How to Make Chicken and Rice Casserole. First, note that we use chicken thighs, instead of the more popular (and more expensive) breasts. For this chicken and rice casserole I like to use use medium or long grain white rice. Everyone loves this dish—I consider it the best chicken and rice casserole recipe because it's a tasty combination of hearty and crunchy ingredients mixed in a creamy sauce.
These recipes cook in about 20 minutes from start to finish, and 9 paces. Get ready to keep up these recipes to get you by way of a busy back-to-school time!. Here is how you mix that.
Chili Chicken Rice Casserole guidance
- Cut up chicken into pieces and toss with all the spices..
- Add oil to pan and heat on medium high heat.
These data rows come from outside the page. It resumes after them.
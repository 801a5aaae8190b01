-- ===== src/Consensus/StateMachine/Replay.antt =====
-- internal/consensus/fsm.go: what `Apply` makes of an operation that the log holds twice, and of an
-- error of the storage.
use m_aistr.Prelude.{
  ℕ, String, ◌≡◌, refl, ◌∙◌, ap, arith, if_elim, true, Option, none, some, List, [], ◌∷◌, eq_iff,
}
use text.Mathlib.TextPositions.{eq_refl}
use m_aistr.Prelude.Dict.{get, get-put}
use m_aistr.Consensus.StateMachine.{
  Mutation, MutationResult, MutationError, AppliedOperation, StateMachine, Response, done, Log,
  command, validate_mutation, apply, apply_data, apply_all, persist_error, perform, persisted,
  stored, valid,
}

module _ (fingerprint : Mutation → String) (persist : Option (ℕ → Option String)) where
  perform-keeps :
      (id : String) (o : AppliedOperation) (index : ℕ) (m : Mutation) (f : StateMachine)
      (previous : Option AppliedOperation)
      → get m.operation_id f.operations ≡ previous
      → get id f.operations ≡ some o
      → get id (perform fingerprint persist index m f previous).0.operations ≡ some o
  unfolding perform
  perform-keeps id o index m f (some p) q h = ground arith
  perform-keeps id o index m f none q h = ground (
    arith,
    eq_iff m.operation_id id,
    get-put m.operation_id id (record { fingerprint = fingerprint m; index = index }) f.operations,
  )

  apply-keeps :
      (id : String) (o : AppliedOperation) (entry : Log) (f : StateMachine)
      → get id f.operations ≡ some o
      → get id (apply fingerprint persist entry f).0.operations ≡ some o
  unfolding apply apply_data valid stored persisted
  apply-keeps id o entry f h =
      if_elim {A = StateMachine × Response} (λ r. get id r.0.operations ≡ some o) entry.is_command
        (λ _. data_keeps entry.data_) (λ _. h)
    where
      persisted_keeps :
          (m : Mutation) (e : Option MutationError)
          → get id (persisted fingerprint persist entry.index m f e).0.operations ≡ some o
      persisted_keeps m none =
          perform-keeps id o entry.index m f (get m.operation_id f.operations) refl h
      persisted_keeps m (some e) = h

      stored_keeps :
          (m : Mutation) (e : Option MutationError)
          → get id (stored fingerprint persist entry.index m f e).0.operations ≡ some o
      stored_keeps m none = persisted_keeps m (persist_error entry.index persist)
      stored_keeps m (some e) = h

      valid_keeps :
          (m : Mutation) (e : Option MutationError)
          → get id (valid fingerprint persist entry.index m f e).0.operations ≡ some o
      valid_keeps m none = stored_keeps m f.storage_err
      valid_keeps m (some e) = h

      data_keeps :
          (d : Option Mutation)
          → get id (apply_data fingerprint persist entry.index f d).0.operations ≡ some o
      data_keeps none = h
      data_keeps (some m) = valid_keeps m (validate_mutation m)

  -- What an operation was recorded with stays recorded, whatever the log brings.
  apply_all-keeps :
      (id : String) (o : AppliedOperation) (log : List Log) (f : StateMachine)
      → get id f.operations ≡ some o
      → get id (apply_all fingerprint persist log f).operations ≡ some o
  unfolding apply_all
  apply_all-keeps id o [] f h = h
  apply_all-keeps id o (entry ∷ log) f h =
      apply_all-keeps id o log (apply fingerprint persist entry f).0 (apply-keeps id o entry f h)

  -- A recorded result: the operation is valid, and its fingerprint and index are in the state.
  abbrev IsRecorded : Mutation → MutationResult → StateMachine → Type 0
  IsRecorded m r g =
      (validate_mutation m ≡ none)
      × (r.operation_id ≡ m.operation_id)
      × (get m.operation_id g.operations
          ≡ some (record { fingerprint = fingerprint m; index = r.index }))

  perform-IsRecorded :
      (index : ℕ) (m : Mutation) (f : StateMachine) (r : MutationResult)
      (previous : Option AppliedOperation)
      → get m.operation_id f.operations ≡ previous
      → validate_mutation m ≡ none
      → (perform fingerprint persist index m f previous).1 ≡ done r
      → IsRecorded m r (perform fingerprint persist index m f previous).0
  unfolding perform
  perform-IsRecorded index m f r (some p) q v h =
      ground (arith, eq_iff p.fingerprint (fingerprint m))
  perform-IsRecorded index m f r none q v h = ground (
    arith,
    eq_iff m.operation_id m.operation_id,
    get-put m.operation_id m.operation_id (record { fingerprint = fingerprint m; index = index })
        f.operations,
  )

  data-IsRecorded :
      (index : ℕ) (m : Mutation) (f : StateMachine) (r : MutationResult)
      → (apply_data fingerprint persist index f (some m)).1 ≡ done r
      → IsRecorded m r (apply_data fingerprint persist index f (some m)).0
  unfolding apply_data valid stored persisted
  data-IsRecorded index m f r h = checked (validate_mutation m) refl h
    where
      written :
          (e : Option MutationError)
          → validate_mutation m ≡ none
          → (persisted fingerprint persist index m f e).1 ≡ done r
          → IsRecorded m r (persisted fingerprint persist index m f e).0
      written none v k = perform-IsRecorded index m f r (get m.operation_id f.operations) refl v k
      written (some e) v k = absurd (cc)

      sane :
          (e : Option MutationError)
          → validate_mutation m ≡ none
          → (stored fingerprint persist index m f e).1 ≡ done r
          → IsRecorded m r (stored fingerprint persist index m f e).0
      sane none v k = written (persist_error index persist) v k
      sane (some e) v k = absurd (cc)

      checked :
          (e : Option MutationError)
          → validate_mutation m ≡ e
          → (valid fingerprint persist index m f e).1 ≡ done r
          → IsRecorded m r (valid fingerprint persist index m f e).0
      checked none v k = sane f.storage_err v k
      checked (some e) v k = absurd (cc)

  again :
      (index : ℕ) (m : Mutation) (g : StateMachine) (r : MutationResult)
      → IsRecorded m r g
      → g.storage_err ≡ none
      → persist_error index persist ≡ none
      → apply_data fingerprint persist index g (some m)
        ≡ (g, done (record { operation_id = m.operation_id; index = r.index; duplicate = true }))
  unfolding apply_data valid stored persisted perform
  again index m g r h s p = ground (arith, h.0, h.1, h.2, eq_refl (fingerprint m))

  -- Once a mutation has been answered with a result, an entry with the same mutation, however much
  -- of the log comes between, leaves the state as it is and is answered as a duplicate with the
  -- index of the first answer, where no write of an index has failed, nor that of the entry's own.
  pub apply-apply :
      (index later : ℕ) (m : Mutation) (f : StateMachine) (r : MutationResult) (log : List Log)
      → (apply fingerprint persist (command index m) f).1 ≡ done r
      → (apply_all fingerprint persist (command index m ∷ log) f).storage_err ≡ none
      → persist_error later persist ≡ none
      → apply fingerprint persist
          (command later m)
          (apply_all fingerprint persist (command index m ∷ log) f)
        ≡ (
          apply_all fingerprint persist (command index m ∷ log) f,
          done (record { operation_id = m.operation_id; index = r.index; duplicate = true }),
        )
  unfolding apply apply_all
  apply-apply index later m f r log h s p =
      let first = data-IsRecorded index m f r h in
      let f' = (apply_data fingerprint persist index f (some m)).0 in
      again later m (apply_all fingerprint persist log f') r
        (
          first.0,
          first.1,
          apply_all-keeps m.operation_id (record { fingerprint = fingerprint m; index = r.index })
              log f' first.2,
        )
        s p

  apply-failed :
      (entry : Log) (f : StateMachine) (e : MutationError)
      → f.storage_err ≡ some e
      → (apply fingerprint persist entry f).0 ≡ f
  unfolding apply apply_data valid stored
  apply-failed entry f e h =
      if_elim {A = StateMachine × Response} (λ r. r.0 ≡ f) entry.is_command
        (λ _. unchanged entry.data_) (λ _. refl)
    where
      checked :
          (m : Mutation) (v : Option MutationError)
          → (valid fingerprint persist entry.index m f v).0 ≡ f
      checked m none = ground (arith, h)
      checked m (some v) = refl

      unchanged : (d : Option Mutation) → (apply_data fingerprint persist entry.index f d).0 ≡ f
      unchanged none = refl
      unchanged (some m) = checked m (validate_mutation m)

  -- A failed write of an index stops the state machine: no later entry changes it.
  pub apply_all-failed :
      (log : List Log) (f : StateMachine) (e : MutationError)
      → f.storage_err ≡ some e
      → apply_all fingerprint persist log f ≡ f
  unfolding apply_all
  apply_all-failed [] f e h = refl
  apply_all-failed (entry ∷ log) f e h =
      let same = apply-failed entry f e h in
      apply_all-failed log (apply fingerprint persist entry f).0 e
        (ap (λ g. g.storage_err) same ∙ h)
      ∙ same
Add chicken and brown on all sides. While on medium high add in the Rotel to help deglaze the pan tossing all together..
- Add in the cream of chicken soup and cream style corn. Stir to combine..
- Add in the cilantro and stir to combine..
- Add in the shredded cheese. Stir to combine..
- Add in the cooked rice, stir to combine..
- Add to casserole dish and layer top with jalapeño pepper jack cheese. Preheat oven to 350..
- Top with the fried onions. Bake at 350 for 25-30 minutes until bubbly..
- Enjoy! Chili cheesy crunch flavor!.
It's a time-tested classic. —Myrtle Matthews, Marietta, Georgia. This comforting rice casserole is loaded with hearty bits of chicken, green enchilada sauce, cheese and tender bits of mexican rice. How Do I Make A Chicken Rice Casserole? This casserole comes together fairly easily. Since we're using Mexican Rice, the rice is cooked ahead of time.